● Exercise prompt
Find the line containing "unfolding add_english_counter_to_query" in the records below. Copy exactly that line and each one after it, ending at the line containing "let ((ret, time), w')", and nothing more.

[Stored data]
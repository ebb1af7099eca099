-- ===== src/WinPerfCounters/Handles/Implementation.antt =====
-- `performanceQueryImpl` (performance_query.go) keeps account of its handle in every method.
use win_perf_counters.Int.{ℤ}
use win_perf_counters.Pdh.Api.{Reply, Pdh}
use win_perf_counters.Prelude.{
  ℕ, ◌≡◌, refl, Option, none, some, List, ◌==◌, either_branch, not, ◌∙◌,
}
use win_perf_counters.Pdh.Codes.{error_success}
use win_perf_counters.Query.Buffer.Unchanged.{fill_buffer_unchanged}
use win_perf_counters.Query.Buffer.{fill_buffer, buffer_rounds, initial_buffer_size}
use win_perf_counters.Query.Values.{
  get_counter_path, expand_wild_card_path, get_raw_counter_value,
  get_formatted_counter_value_double, get_raw_counter_array, get_formatted_counter_array_double,
}
use win_perf_counters.Query.{
  Query, add_counter_to_query, pdh_add_english_counter, add_english_counter_to_query, collect_data,
  collect_data_with_time,
}
use win_perf_counters.Result.{Result}
use win_perf_counters.Text.{Text}
use win_perf_counters.WinPerfCounters.Handles.Lifecycle.{
  PdhHandles, handle_of, IsKept, close-Keeps, open_query-Keeps, close_releases,
}
use win_perf_counters.WinPerfCounters.Handles.{HandleKeeping}
use win_perf_counters.WinPerfCounters.Implementation.{performance_query}

module _ {W T D : Type 0} (api : Pdh W T D) (live : W → List ℕ) (laws : PdhHandles api live) where
  -- A method that changes neither its query nor what is open.
  abbrev Untouched : {R : Type 0} → Query → W → R × Query × W → Type 0
  Untouched q w o = (o.1 ≡ q) × (live o.2 ≡ live w)

  untouched :
      {R : Type 0} (method : Query → W → R × Query × W)
      → ((q : Query) (w : W) → Untouched q w (method q w))
      → IsKept api live laws method
  untouched method same others q w p = let (kept, unchanged) = same q w in rw (kept, unchanged) p

  english_unchanged :
      (found : Option (ℕ → Text → W → (ℕ × ℕ) × W)) (h : ℕ) (path : Text) (w : W)
      → api.add_english_counter ≡ found
      → live (pdh_add_english_counter api found h path w).1 ≡ live w
  english_unchanged none h path w e = refl
  english_unchanged (some call) h path w e = laws.added_english call h path w e

  added-Untouched :
      (path : Text) (q : Query) (w : W) → Untouched q w (add_counter_to_query api path q w)
  unfolding add_counter_to_query
  added-Untouched path q w =
      either_branch {A = Result ℕ × Query × W} (Untouched q w) (q.query_handle == 0) (refl, refl)
        (refl, laws.added q.query_handle path w)

  english-Untouched :
      (path : Text) (q : Query) (w : W) → Untouched q w (add_english_counter_to_query api path q w)
  unfolding add_english_counter_to_query
  english-Untouched path q w =
      either_branch {A = Result ℕ × Query × W} (Untouched q w) (q.query_handle == 0) (refl, refl)
        (refl, english_unchanged api.add_english_counter q.query_handle path w refl)

  collect-Untouched : (q : Query) (w : W) → Untouched q w (collect_data api q w)
  unfolding collect_data
  collect-Untouched q w =
      either_branch {A = Result (Unit {0}) × Query × W} (Untouched q w) (q.query_handle == 0)
        (refl, refl) (refl, laws.collected q.query_handle w)

  timed-Untouched : (q : Query) (w : W) → Untouched q w (collect_data_with_time api q w)
  unfolding collect_data_with_time
  timed-Untouched q w =
      let collected = laws.collected_with_time q.query_handle w in
      let ((ret, time), w') = api.collect_query_data_with_time q.query_handle w in
      either_branch {A = (T × Result (Unit {0})) × Query × W} (Untouched q w) (q.query_handle == 0)
        (refl, laws.now w)
        (either_branch {A = (T × Result (Unit {0})) × Query × W} (Untouched q w)
          (not (ret == error_success)) (refl, laws.now w' ∙ collected) (refl, collected))

  raw_value-Untouched :
      (handle : ℕ) (q : Query) (w : W) → Untouched q w (get_raw_counter_value api handle q w)
  unfolding get_raw_counter_value
  raw_value-Untouched handle q w =
      either_branch {A = Result ℤ × Query × W} (Untouched q w) (q.query_handle == 0) (refl, refl)
        (refl, laws.raw_value handle w)

  -- The open queries over the loop that fills a buffer.
  filled :
      {P : Type 0} (call : ℕ → W → Reply P × W)
      → ((size : ℕ) (w : W) → live (call size w).1 ≡ live w)
      → (q : Query) (w : W)
      → live
          (fill_buffer api.format_message call buffer_rounds q.max_buffer_size initial_buffer_size
            w).1
        ≡ live w
  filled call unchanged q w =
      fill_buffer_unchanged live api.format_message call unchanged buffer_rounds q.max_buffer_size
        initial_buffer_size w

  -- On a system that does what is documented, the open queries are those that the hosts' queries hold:
  -- every method of the interface accounts for what it opens and closes.
  pub performance_query-HandleKeeping : HandleKeeping (performance_query api) live handle_of
  unfolding get_counter_path expand_wild_card_path get_formatted_counter_value_double
      get_raw_counter_array get_formatted_counter_array_double
  performance_query-HandleKeeping = record {
    created = λ computer n. refl;
    opened = open_query-Keeps api live laws;
    closed = close-Keeps api live laws;
    released = close_releases api live laws;
    added = λ path. untouched (add_counter_to_query api path) (added-Untouched path);
    added_english =
        λ path. untouched (add_english_counter_to_query api path) (english-Untouched path);
    path_read = λ handle.
        untouched (get_counter_path api handle)
          (λ q w. (refl, filled (api.get_counter_info handle) (laws.path_read handle) q w));
    path_expanded = λ path.
        untouched (expand_wild_card_path api path)
          (λ q w. (refl, filled (api.expand_wild_card_path path) (laws.path_expanded path) q w));
    raw_value = λ handle. untouched (get_raw_counter_value api handle) (raw_value-Untouched handle);
    double_value = λ handle.
        untouched (get_formatted_counter_value_double api handle)
          (λ q w. (refl, laws.double_value handle w));
    raw_array = λ handle.
        untouched (get_raw_counter_array api handle)
          (λ q w. (refl, filled (api.get_raw_array handle) (laws.raw_array handle) q w));
    double_array = λ handle.
        untouched (get_formatted_counter_array_double api handle)
          (λ q w. (refl, filled (api.get_array_double handle) (laws.double_array handle) q w));
    collected = untouched (collect_data api) collect-Untouched;
    collected_with_time = untouched (collect_data_with_time api) timed-Untouched;
  }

● Expected answer
  unfolding add_english_counter_to_query
  english-Untouched path q w =
      either_branch {A = Result ℕ × Query × W} (Untouched q w) (q.query_handle == 0) (refl, refl)
        (refl, english_unchanged api.add_english_counter q.query_handle path w refl)

  collect-Untouched : (q : Query) (w : W) → Untouched q w (collect_data api q w)
  unfolding collect_data
  collect-Untouched q w =
      either_branch {A = Result (Unit {0}) × Query × W} (Untouched q w) (q.query_handle == 0)
        (refl, refl) (refl, laws.collected q.query_handle w)

  timed-Untouched : (q : Query) (w : W) → Untouched q w (collect_data_with_time api q w)
  unfolding collect_data_with_time
  timed-Untouched q w =
      let collected = laws.collected_with_time q.query_handle w in
      let ((ret, time), w') = api.collect_query_data_with_time q.query_handle w in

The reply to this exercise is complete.